Barrett's in children

Barrett's in children does occur, but is rare. This cases series demonstrates a very strong preponderance in males. Among a very few children followed over time, several developed low grade dysplasia, but non were observed to progress to high grade dysplasia or cancer.

Dig Dis Sci. 2020 Jul 18.
doi: 10.1007/s10620-020-06462-5. Online ahead of print.

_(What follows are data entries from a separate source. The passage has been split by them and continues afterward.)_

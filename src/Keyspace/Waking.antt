-- ===== src/Keyspace/Waking.antt =====
-- `xadd` (app/handlers.go) with clients waiting in `xread`.
use shitty_redis.Base.{
  ℕ, ◌≡◌, refl, sym, ap, ◌∙◌, ◌⊎◌, true, List, [], ◌∷◌, none, some, ◌==◌, arith, Bool-cases, inl,
  inr,
}
use mathlib.Core.Path.{subst}
use shitty_redis.Base.Go.{Bytes, ok, Returns}
use shitty_redis.Resp.Wire.{resp_encoder, bulk_string}
use shitty_redis.Stream.Types
use shitty_redis.Stream.Types.{Stream}
use shitty_redis.Stream.Ids.{xadd_id}
use shitty_redis.Stream.Ops
use shitty_redis.Keyspace.Store.{stream, Db, find, keep, Reply, reply, answer}
use shitty_redis.Keyspace.Blocking.{is_waiting}
use shitty_redis.Keyspace.Streams.{
  nudge, wake_all_xread_listeners, or_failed, with_stream, xadd_stream, xadd_key,
}
use shitty_redis.Keyspace.Laws.{find-keep, find-keep_other, unless, Unchanged}

nudge-keeps :
    (ch : ℕ) (chs nudged : List ℕ)
    → is_waiting ch nudged ≡ true
    → is_waiting ch (nudge chs nudged) ≡ true
unfolding nudge is_waiting
nudge-keeps ch [] nudged h = h
nudge-keeps ch (c ∷ chs) nudged h = elim (Bool-cases (is_waiting c nudged)) [
  | inl e ↦ rw e (nudge-keeps ch chs nudged h)
  | inr e ↦ rw e (nudge-keeps ch chs (c ∷ nudged) (ground arith))
]

nudge-reaches :
    (ch : ℕ) (chs nudged : List ℕ)
    → is_waiting ch chs ≡ true
    → is_waiting ch (nudge chs nudged) ≡ true
unfolding nudge is_waiting
nudge-reaches ch [] nudged h = absurd (ground arith)
nudge-reaches ch (c ∷ chs) nudged h = elim (Bool-cases (c == ch)) [
  | inl e ↦
      let same : c ≡ ch = ground arith in
      elim (Bool-cases (is_waiting c nudged)) [
        | inl f ↦ rw f (nudge-keeps ch chs nudged (subst (λ n. is_waiting n nudged ≡ true) same f))
        | inr f ↦ rw f (nudge-keeps ch chs (c ∷ nudged) (ground arith))
      ]
  | inr e ↦ elim (Bool-cases (is_waiting c nudged)) [
    | inl f ↦ rw f (nudge-reaches ch chs nudged (ground arith))
    | inr f ↦ rw f (nudge-reaches ch chs (c ∷ nudged) (ground arith))
  ]
]

-- The key holds this stream, or it is missing and the stream is a new one.
abbrev pub Streams : Bytes → Stream → Db → Type 0
Streams key st db = (find key db ≡ some (stream st)) ⊎ ((find key db ≡ none) × (st ≡ Types.new))

-- What an `xadd` that succeeds does.
pub record Woken (ch : ℕ) (key made : Bytes) (st : Stream) (db : Db) (r : Reply × Db) : Type 0 where
  pub answered : r.0 ≡ reply (bulk_string made)
  pub kept : find key r.1 ≡ some (stream st)
  pub others : Unchanged key db r.1
  pub woken : is_waiting ch r.1.nudged ≡ true
  pub still : r.1.xread_waiters ≡ db.xread_waiters

module _ (ch now : ℕ) (key id made : Bytes) (pairs : List Bytes) (st st' : Stream) (db : Db)
    (accepted : xadd_id now id st ≡ ok made) (added : Ops.xadd pairs made st ≡ ok st')
    (waits : is_waiting ch (db.xread_waiters key) ≡ true) where
  xadd_stream-runs :
      (d : Db)
      → xadd_stream now key id pairs st d
        ≡ ok (reply (bulk_string made), wake_all_xread_listeners key (keep key (stream st') d))
  unfolding xadd_stream or_failed
  xadd_stream-runs d = rw (accepted, added) (unfold answer resp_encoder in refl)

  keep-Woken :
      (d : Db)
      → d.xread_waiters ≡ db.xread_waiters
      → Unchanged key db d
      → Woken ch key made st' db
          (reply (bulk_string made), wake_all_xread_listeners key (keep key (stream st') d))
  unfolding wake_all_xread_listeners find
  keep-Woken d same others = record {
    answered = refl;
    kept = unfold find in find-keep key (stream st') d;
    others = λ other. unless other key λ n. elim (others other) [
      | inl e ↦ absurd (n e)
      | inr e ↦ unfold find in find-keep_other other key (stream st') d n ∙ e
    ];
    woken =
        unfold keep in
        nudge-reaches ch (d.xread_waiters key) d.nudged
          (ap (λ (w : Bytes → List ℕ). is_waiting ch (w key)) same ∙ waits);
    still = unfold keep in same;
  }

  -- `xadd` of a key that holds a stream, or of a missing key as of a new stream, whose id is
  -- accepted and whose entry is added, returns normally: the answer is the id, the key holds the
  -- stream with the entry, no other key changes, and a client that waits on the key in `xread`
  -- has been nudged and still waits.
  pub xadd_key-Woken :
      Streams key st db → Returns (xadd_key now key id pairs db) (Woken ch key made st' db)
  unfolding xadd_key with_stream
  xadd_key-Woken (inl found) =
      (_, rw found (xadd_stream-runs db), keep-Woken db refl (λ other. inr refl))
  xadd_key-Woken (inr (absent, fresh)) =
      let d = keep key (stream st) db in
      (
        _,
        rw (absent, sym fresh) (xadd_stream-runs d),
        keep-Woken d (unfold keep in refl)
            (λ other. unless other key λ n. find-keep_other other key (stream st) db n),
      )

Esophageal Columnar Metaplasia in Childhood: A Population-Based Case Series Analysis

Leah Twohig-Bennett 1 , Helen G Coleman 1 , Victoria Cairnduff 1 , Damian T McManus 2 , Liam J Murray 1 , Anna T Gavin 1 3 , Brian T Johnston 4

PMID: 32683588 DOI: 10.1007/s10620-020-06462-5

Abstract

Background: Adults with Barrett's esophagus (BE) are often entered into surveillance for esophageal adenocarcinoma (EAC), although cancer risk is relatively low. BE can be detected in children (< 16 years). Little is known about the epidemiology of pediatric BE, and it is unclear what the optimal surveillance regimes are in children.

Aim: To evaluate the demographic and clinical characteristics, and future neoplastic progression risk in all pediatric BE patients diagnosed in Northern Ireland between 1993 and 2010.

Methods: Data from the population-based Northern Ireland BE register were matched to the Northern Ireland Cancer Registry for EAC outcomes until end 2013. Age-adjusted incidence of pediatric BE was calculated, and characteristics between pediatric and adult BE patients compared using Chi-square tests.

Results: Over 18 years, 42 pediatric BE patients (< 16 years) were identified, equivalent to an age-adjusted incidence of < 2 per 100,000 children. There was a clear age differential, with BE incidence increasing with age within the pediatric population. The majority (85.7%) of patients were male, a significantly higher male/female ratio than adult BE patients (p < 0.001). No pediatric BE patients progressed to high-grade dysplasia (HGD) or EAC, although the eldest patient was aged 34 years by the end of follow-up.

Conclusions: This is the largest series of pediatric BE ever reported. It demonstrates that pediatric BE is rare. The male preponderance of this condition is more apparent in childhood compared with adult cases. No children developed HGD/EAC during follow-up, suggesting that regular surveillance is not required, at least until adulthood.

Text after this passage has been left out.